- **Activity**:
Wherever a line in the material contains the word "Bitmap", copy that line.

- **Task input**:
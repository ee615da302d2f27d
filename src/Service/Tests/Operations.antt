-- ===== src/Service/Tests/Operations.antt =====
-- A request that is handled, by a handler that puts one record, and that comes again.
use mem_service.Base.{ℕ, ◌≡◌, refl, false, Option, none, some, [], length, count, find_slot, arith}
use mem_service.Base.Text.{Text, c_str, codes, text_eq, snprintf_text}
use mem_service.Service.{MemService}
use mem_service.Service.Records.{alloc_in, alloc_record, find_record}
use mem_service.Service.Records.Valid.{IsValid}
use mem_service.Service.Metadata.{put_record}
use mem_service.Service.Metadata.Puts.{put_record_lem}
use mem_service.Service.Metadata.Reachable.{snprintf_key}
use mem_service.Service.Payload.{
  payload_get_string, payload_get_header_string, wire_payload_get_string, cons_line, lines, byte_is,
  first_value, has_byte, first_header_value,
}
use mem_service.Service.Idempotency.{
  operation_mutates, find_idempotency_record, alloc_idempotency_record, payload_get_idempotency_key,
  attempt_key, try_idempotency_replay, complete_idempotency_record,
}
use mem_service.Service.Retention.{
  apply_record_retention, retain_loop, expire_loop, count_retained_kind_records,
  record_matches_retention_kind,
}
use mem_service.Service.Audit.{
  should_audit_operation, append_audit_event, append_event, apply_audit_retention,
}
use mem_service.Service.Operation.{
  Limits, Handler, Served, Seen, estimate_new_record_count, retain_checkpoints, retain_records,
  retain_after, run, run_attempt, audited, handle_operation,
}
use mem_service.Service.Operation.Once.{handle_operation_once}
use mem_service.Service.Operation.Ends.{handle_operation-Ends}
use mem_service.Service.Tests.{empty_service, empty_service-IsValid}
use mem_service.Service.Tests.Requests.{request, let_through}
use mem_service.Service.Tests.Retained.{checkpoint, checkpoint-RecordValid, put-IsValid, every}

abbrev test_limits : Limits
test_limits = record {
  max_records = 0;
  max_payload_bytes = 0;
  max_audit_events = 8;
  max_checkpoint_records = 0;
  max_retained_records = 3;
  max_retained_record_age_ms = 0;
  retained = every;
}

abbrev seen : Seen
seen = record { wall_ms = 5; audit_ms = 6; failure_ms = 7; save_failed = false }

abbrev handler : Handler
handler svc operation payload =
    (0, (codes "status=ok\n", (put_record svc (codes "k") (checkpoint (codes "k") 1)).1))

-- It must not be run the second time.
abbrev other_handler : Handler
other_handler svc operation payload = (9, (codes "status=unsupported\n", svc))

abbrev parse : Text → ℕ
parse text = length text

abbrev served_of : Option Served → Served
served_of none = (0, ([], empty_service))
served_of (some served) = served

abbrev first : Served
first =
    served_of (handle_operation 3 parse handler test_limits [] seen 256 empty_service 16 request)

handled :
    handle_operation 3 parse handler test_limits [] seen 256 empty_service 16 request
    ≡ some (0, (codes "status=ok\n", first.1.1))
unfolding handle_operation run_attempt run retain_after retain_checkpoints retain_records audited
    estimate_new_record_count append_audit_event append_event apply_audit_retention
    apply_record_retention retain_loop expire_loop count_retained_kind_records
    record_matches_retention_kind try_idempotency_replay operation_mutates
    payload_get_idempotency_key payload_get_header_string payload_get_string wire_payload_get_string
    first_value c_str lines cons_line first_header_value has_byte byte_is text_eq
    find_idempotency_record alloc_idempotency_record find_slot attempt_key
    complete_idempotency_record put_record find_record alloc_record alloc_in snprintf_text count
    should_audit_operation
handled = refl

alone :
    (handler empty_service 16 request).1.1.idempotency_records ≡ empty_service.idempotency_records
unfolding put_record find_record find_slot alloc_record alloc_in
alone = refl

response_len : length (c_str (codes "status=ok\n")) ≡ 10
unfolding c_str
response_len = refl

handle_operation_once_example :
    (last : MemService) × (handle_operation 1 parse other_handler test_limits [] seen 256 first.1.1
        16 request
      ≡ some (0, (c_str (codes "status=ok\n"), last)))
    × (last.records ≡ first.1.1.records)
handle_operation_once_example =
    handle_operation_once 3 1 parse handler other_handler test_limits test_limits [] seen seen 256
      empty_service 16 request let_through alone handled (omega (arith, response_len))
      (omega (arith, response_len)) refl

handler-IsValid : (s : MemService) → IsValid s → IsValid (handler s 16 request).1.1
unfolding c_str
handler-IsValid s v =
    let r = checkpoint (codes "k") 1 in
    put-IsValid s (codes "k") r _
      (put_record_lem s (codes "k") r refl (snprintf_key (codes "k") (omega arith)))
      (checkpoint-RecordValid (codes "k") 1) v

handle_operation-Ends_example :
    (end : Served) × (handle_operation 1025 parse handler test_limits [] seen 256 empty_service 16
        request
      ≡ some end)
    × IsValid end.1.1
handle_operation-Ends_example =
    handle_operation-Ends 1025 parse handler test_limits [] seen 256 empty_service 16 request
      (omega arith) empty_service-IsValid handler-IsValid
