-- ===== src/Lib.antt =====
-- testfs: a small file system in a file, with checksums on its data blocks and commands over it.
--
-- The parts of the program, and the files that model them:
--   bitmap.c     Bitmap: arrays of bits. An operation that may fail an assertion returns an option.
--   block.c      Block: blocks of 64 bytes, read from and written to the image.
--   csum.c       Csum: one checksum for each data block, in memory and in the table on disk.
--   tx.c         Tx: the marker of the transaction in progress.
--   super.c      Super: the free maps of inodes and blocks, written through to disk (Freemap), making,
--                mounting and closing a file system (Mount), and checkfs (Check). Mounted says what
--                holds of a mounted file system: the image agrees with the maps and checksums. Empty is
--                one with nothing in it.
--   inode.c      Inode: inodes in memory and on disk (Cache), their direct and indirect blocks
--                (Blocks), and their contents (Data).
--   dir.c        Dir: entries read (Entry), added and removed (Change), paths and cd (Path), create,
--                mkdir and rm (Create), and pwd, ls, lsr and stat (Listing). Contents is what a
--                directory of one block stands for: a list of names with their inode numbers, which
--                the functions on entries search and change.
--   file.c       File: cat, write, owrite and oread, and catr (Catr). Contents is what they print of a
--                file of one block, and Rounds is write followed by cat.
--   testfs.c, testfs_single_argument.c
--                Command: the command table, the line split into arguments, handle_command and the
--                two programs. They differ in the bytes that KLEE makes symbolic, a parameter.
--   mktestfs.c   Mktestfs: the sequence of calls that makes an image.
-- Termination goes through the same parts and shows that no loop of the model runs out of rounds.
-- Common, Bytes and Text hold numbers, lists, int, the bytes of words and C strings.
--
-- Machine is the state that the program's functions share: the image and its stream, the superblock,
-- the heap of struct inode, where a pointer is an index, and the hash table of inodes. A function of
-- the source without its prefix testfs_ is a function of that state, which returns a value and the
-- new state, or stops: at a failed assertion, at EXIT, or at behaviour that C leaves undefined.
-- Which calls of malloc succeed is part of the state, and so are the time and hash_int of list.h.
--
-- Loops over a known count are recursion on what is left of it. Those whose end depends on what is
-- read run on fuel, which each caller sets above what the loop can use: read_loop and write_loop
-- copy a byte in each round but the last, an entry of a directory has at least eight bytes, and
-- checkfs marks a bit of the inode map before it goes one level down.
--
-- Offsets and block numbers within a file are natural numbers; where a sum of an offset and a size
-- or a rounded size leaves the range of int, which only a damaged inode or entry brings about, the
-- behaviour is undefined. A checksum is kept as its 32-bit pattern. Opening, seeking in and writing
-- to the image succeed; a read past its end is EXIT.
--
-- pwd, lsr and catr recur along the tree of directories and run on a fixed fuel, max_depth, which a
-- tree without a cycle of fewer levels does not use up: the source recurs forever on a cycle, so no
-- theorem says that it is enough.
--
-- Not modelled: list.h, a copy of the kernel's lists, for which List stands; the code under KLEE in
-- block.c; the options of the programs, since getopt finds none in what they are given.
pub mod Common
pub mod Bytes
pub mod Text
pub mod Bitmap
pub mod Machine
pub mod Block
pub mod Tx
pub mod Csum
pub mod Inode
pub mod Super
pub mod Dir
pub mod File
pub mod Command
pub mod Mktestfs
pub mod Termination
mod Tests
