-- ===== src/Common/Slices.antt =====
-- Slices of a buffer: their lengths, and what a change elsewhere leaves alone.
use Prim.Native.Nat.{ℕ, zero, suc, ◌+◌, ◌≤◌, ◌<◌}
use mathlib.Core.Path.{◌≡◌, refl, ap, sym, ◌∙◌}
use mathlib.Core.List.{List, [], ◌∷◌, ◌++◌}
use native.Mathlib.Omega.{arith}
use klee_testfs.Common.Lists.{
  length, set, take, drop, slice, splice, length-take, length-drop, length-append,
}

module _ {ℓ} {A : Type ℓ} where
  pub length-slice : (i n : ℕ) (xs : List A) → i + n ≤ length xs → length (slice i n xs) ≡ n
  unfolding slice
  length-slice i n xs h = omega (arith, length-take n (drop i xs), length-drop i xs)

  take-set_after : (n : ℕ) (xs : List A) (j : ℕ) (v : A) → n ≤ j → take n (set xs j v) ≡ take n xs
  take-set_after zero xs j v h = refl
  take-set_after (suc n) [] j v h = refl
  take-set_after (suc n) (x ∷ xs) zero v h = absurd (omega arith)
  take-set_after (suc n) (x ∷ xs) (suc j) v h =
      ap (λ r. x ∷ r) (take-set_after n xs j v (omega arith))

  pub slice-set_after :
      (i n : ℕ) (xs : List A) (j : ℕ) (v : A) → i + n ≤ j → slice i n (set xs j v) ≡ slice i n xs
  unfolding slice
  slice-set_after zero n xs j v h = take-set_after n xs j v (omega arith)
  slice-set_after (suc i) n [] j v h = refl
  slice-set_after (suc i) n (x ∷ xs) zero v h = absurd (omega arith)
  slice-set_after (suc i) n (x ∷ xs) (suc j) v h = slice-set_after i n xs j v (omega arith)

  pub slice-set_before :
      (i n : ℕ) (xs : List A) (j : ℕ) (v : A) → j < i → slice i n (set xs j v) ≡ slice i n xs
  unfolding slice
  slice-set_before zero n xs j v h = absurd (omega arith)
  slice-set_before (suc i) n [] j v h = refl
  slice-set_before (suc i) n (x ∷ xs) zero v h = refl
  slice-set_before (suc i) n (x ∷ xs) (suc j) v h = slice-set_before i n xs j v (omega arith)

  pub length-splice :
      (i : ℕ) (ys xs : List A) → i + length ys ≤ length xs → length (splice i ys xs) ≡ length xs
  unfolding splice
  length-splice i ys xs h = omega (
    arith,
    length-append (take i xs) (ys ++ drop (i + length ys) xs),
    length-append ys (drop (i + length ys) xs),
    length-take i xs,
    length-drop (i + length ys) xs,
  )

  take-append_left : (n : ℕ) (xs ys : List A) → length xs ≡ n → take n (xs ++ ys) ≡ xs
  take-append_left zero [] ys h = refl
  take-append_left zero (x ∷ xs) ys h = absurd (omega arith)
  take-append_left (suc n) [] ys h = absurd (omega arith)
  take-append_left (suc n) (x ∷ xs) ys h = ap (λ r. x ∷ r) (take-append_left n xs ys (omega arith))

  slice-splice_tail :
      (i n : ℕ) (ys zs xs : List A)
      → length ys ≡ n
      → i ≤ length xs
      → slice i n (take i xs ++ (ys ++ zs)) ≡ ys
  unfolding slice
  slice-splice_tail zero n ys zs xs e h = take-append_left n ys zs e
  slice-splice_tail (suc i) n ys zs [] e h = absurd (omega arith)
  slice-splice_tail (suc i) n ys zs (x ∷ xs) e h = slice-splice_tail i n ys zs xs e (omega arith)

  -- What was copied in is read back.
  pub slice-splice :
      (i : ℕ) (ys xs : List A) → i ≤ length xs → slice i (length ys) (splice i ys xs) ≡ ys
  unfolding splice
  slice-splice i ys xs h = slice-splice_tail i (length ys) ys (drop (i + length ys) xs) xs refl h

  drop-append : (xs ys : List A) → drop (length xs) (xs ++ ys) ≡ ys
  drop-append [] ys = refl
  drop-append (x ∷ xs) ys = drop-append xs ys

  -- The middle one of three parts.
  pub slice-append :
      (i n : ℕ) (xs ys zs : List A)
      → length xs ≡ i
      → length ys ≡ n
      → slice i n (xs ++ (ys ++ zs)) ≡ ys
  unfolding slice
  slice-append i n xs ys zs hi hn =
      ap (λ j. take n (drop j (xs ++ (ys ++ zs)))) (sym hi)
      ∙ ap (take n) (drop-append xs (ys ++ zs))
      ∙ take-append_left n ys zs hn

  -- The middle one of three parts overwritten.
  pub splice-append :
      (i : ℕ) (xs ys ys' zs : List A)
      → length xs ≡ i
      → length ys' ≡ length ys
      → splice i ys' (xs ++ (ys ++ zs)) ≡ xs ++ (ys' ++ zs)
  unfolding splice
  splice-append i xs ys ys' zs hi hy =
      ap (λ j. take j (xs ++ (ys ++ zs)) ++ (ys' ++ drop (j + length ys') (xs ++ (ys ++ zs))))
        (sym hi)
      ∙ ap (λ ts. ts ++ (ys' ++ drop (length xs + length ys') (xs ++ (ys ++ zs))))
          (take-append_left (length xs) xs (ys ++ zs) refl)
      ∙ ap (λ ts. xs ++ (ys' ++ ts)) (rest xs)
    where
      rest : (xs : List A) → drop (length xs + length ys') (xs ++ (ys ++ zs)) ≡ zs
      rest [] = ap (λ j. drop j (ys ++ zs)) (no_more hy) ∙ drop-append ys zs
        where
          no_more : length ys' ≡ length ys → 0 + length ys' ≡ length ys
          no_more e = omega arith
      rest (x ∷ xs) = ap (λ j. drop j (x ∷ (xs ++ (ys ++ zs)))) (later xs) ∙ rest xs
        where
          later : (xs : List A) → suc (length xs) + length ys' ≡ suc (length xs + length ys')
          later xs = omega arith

- **Worked solution**:
--   bitmap.c     Bitmap: arrays of bits. An operation that may fail an assertion returns an option.
pub mod Bitmap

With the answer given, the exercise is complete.